[Stored entries]
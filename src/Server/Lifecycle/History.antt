-- ===== src/Server/Lifecycle/History.antt =====
-- The secrets of a server while Run of internal/server/server.go waits.
use secretstash.Base.{
  ◌≡◌, refl, sym, ap, ◌∙◌, subst, List, [], ◌∷◌, ◌++◌, Option, some, Bytes, ◌⊎◌, true,
}
use secretstash.Base.Result.{Result, ok, err, refuse-eq_ok, bind-eq_ok, ok_inj}
use secretstash.Memory.{Memory}
use secretstash.Store.{Time}
use secretstash.Store.Calls.{Call, purges, step, run, run-append}
use secretstash.Store.Valid.{IsValid, new-IsValid, run-IsValid_from}
use secretstash.Api as api
use secretstash.Api.Remote.{Net}
use secretstash.Api.Http.{Reply, Request, Moment}
use secretstash.Api.Http.Calls.{calls_of, serve-run}
use secretstash.Server.{
  Config, Running, start, running, load_tls, is_loopback, listen_addr, refuses_plain, plain_refusal,
}
use secretstash.Tls.{Certs, TlsConfig}
use secretstash.Server.Guard.{IsSecure, start-IsSecure}
use secretstash.Server.Http.{Site, Part, v1, metrics, ui, parts, trusting, handle_part, respond}
use secretstash.Server.Lifecycle.{
  Event, arrives, ticks, closes, Ending, wait, run_started, run_server,
}

-- The calls of the store that a request to a part of the site makes.
abbrev part_calls : Site → Moment → Request → Result Reply Part → api.Api → List Call
part_calls site m req (err r) a = []
part_calls site m req (ok v1) a = calls_of site.setup m req a
part_calls site m req (ok metrics) a = []
part_calls site m req (ok ui) a = []

handle_part-run :
    (site : Site) (m : Moment) (req : Request) (part : Result Reply Part) (a : api.Api)
    → (handle_part site m req part a).0.secrets ≡ run a.secrets (part_calls site m req part a)
unfolding handle_part run
handle_part-run site m req (err r) a = refl
handle_part-run site m req (ok v1) a = serve-run site.setup m req a
handle_part-run site m req (ok metrics) a = refl
handle_part-run site m req (ok ui) a = refl

module _ {Cert : Type 0} (site : Site) where
  -- The calls of an event.
  abbrev pub event_calls : Running Cert → Event → List Call
  event_calls r (arrives m req) =
      part_calls (trusting site r.real_ip_header) m req
        (site.site_mux (parts r) req.method req.path) r.state
  event_calls r (ticks now clock) = purges now clock ∷ []
  event_calls r closes = []

  unfoldable pub wait_calls : Running Cert → List Event → List Call
  wait_calls r [] = []
  wait_calls r (event ∷ events) =
      event_calls r event ++ wait_calls (wait site r (event ∷ [])) events

  wait_cons :
      (r : Running Cert) (event : Event) (events : List Event)
      → wait site r (event ∷ events) ≡ wait site (wait site r (event ∷ [])) events
  unfolding wait
  wait_cons r (arrives m req) events = refl
  wait_cons r (ticks now clock) events = refl
  wait_cons r closes events = refl

  event-run :
      (r : Running Cert) (event : Event)
      → (wait site r (event ∷ [])).state.secrets ≡ run r.state.secrets (event_calls r event)
  unfolding wait respond run step
  event-run r (arrives m req) =
      handle_part-run (trusting site r.real_ip_header) m req
        (site.site_mux (parts r) req.method req.path) r.state
  event-run r (ticks now clock) = refl
  event-run r closes = refl

  -- Whatever happens while the server waits, its secrets are those after a history of calls of the store:
  -- at most one for each request to /v1/, a purge for each tick, and none for the other parts of the site.
  pub wait-run :
      (r : Running Cert) (events : List Event)
      → (wait site r events).state.secrets ≡ run r.state.secrets (wait_calls r events)
  unfolding wait wait_calls run
  wait-run r [] = refl
  wait-run r (event ∷ events) =
      let r' = wait site r (event ∷ []) in
      ap (λ (q : Running Cert). q.state.secrets) (wait_cons r event events)
      ∙ wait-run r' events
      ∙ ap (λ s. run s (wait_calls r' events)) (event-run r event)
      ∙ sym (run-append r.state.secrets (event_calls r event) (wait_calls r' events))

  event-tls : (r : Running Cert) (event : Event) → (wait site r (event ∷ [])).tls ≡ r.tls
  unfolding wait respond
  event-tls r (arrives m req) = refl
  event-tls r (ticks now clock) = refl
  event-tls r closes = refl

  wait-tls : (r : Running Cert) (events : List Event) → (wait site r events).tls ≡ r.tls
  unfolding wait
  wait-tls r [] = refl
  wait-tls r (event ∷ events) =
      ap (λ (q : Running Cert). q.tls) (wait_cons r event events)
      ∙ wait-tls (wait site r (event ∷ [])) events
      ∙ event-tls r event

module _ (net : Net) (certs : Certs) (site : Site) (quote : Bytes → Bytes)
    (shut_down : Result Bytes (Unit {0})) where
  open certs use {Cert}

  start-IsValid :
      (c : Config) (now : Time) (memory : Memory) (r : Running Cert)
      → start net certs quote c now memory ≡ ok r
      → IsValid r.state.secrets
  unfolding start refuses_plain running api.new
  start-IsValid c now memory r e =
      let addr = listen_addr net certs c.listen in
      let c' : Config = record c { listen = addr } in
      let g =
        refuse-eq_ok (refuses_plain net certs c' addr) (plain_refusal net certs (quote addr)) _ e in
      let ((tls, description), l, same) = bind-eq_ok (load_tls net certs c' now) _ g.1 in
      subst (λ (q : Running Cert). IsValid q.state.secrets) (ok_inj same)
        (new-IsValid c.max_secrets c.max_tombstones memory)

  -- Whatever happens until Run ends, the server that it served has secrets that meet the invariant of the
  -- store, and serves TLS 1.2 or later, or was started with --dev, and with --dev-allow-remote or on an
  -- address of this machine.
  pub run_server-IsValid :
      (c : Config) (now : Time) (memory : Memory) (events : List Event) (ending : Ending)
      (r : Running Cert)
      → (run_server net certs site quote shut_down c now memory events ending).served ≡ some r
      → IsValid r.state.secrets
        × (IsSecure net certs r.tls
            ⊎ ((c.dev ≡ true)
                × ((c.dev_allow_remote ≡ true)
                    ⊎ (is_loopback net (listen_addr net certs c.listen) ≡ true))))
  unfolding run_server run_started
  run_server-IsValid c now memory events ending r e =
      started (start net certs quote c now memory) refl e
    where
      started :
          (m : Result Bytes (Running Cert))
          → start net certs quote c now memory ≡ m
          → (run_started net certs site quote shut_down c events ending m).served ≡ some r
          → IsValid r.state.secrets
            × (IsSecure net certs r.tls
                ⊎ ((c.dev ≡ true)
                    × ((c.dev_allow_remote ≡ true)
                        ⊎ (is_loopback net (listen_addr net certs c.listen) ≡ true))))
      started (err x) q f = cc
      started (ok r') q f =
          let same : wait site r' events ≡ r = cc in
          (
            subst (λ (x : Running Cert). IsValid x.state.secrets) same
                (subst IsValid (sym (wait-run site r' events)) (
                  run-IsValid_from r'.state.secrets (wait_calls site r' events)
                    (start-IsValid c now memory r' q))),
            subst
                (λ (t : Option (TlsConfig Cert)).
                  IsSecure net certs t
                  ⊎ ((c.dev ≡ true)
                      × ((c.dev_allow_remote ≡ true)
                          ⊎ (is_loopback net (listen_addr net certs c.listen) ≡ true))))
                (sym (wait-tls site r' events) ∙ ap (λ (x : Running Cert). x.tls) same)
                (start-IsSecure net certs quote c now memory r' q),
          )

Problem statement: Return every line of the entries above that the string "Option" appears in.

Written solution:
  ◌≡◌, refl, sym, ap, ◌∙◌, subst, List, [], ◌∷◌, ◌++◌, Option, some, Bytes, ◌⊎◌, true,
                (λ (t : Option (TlsConfig Cert)).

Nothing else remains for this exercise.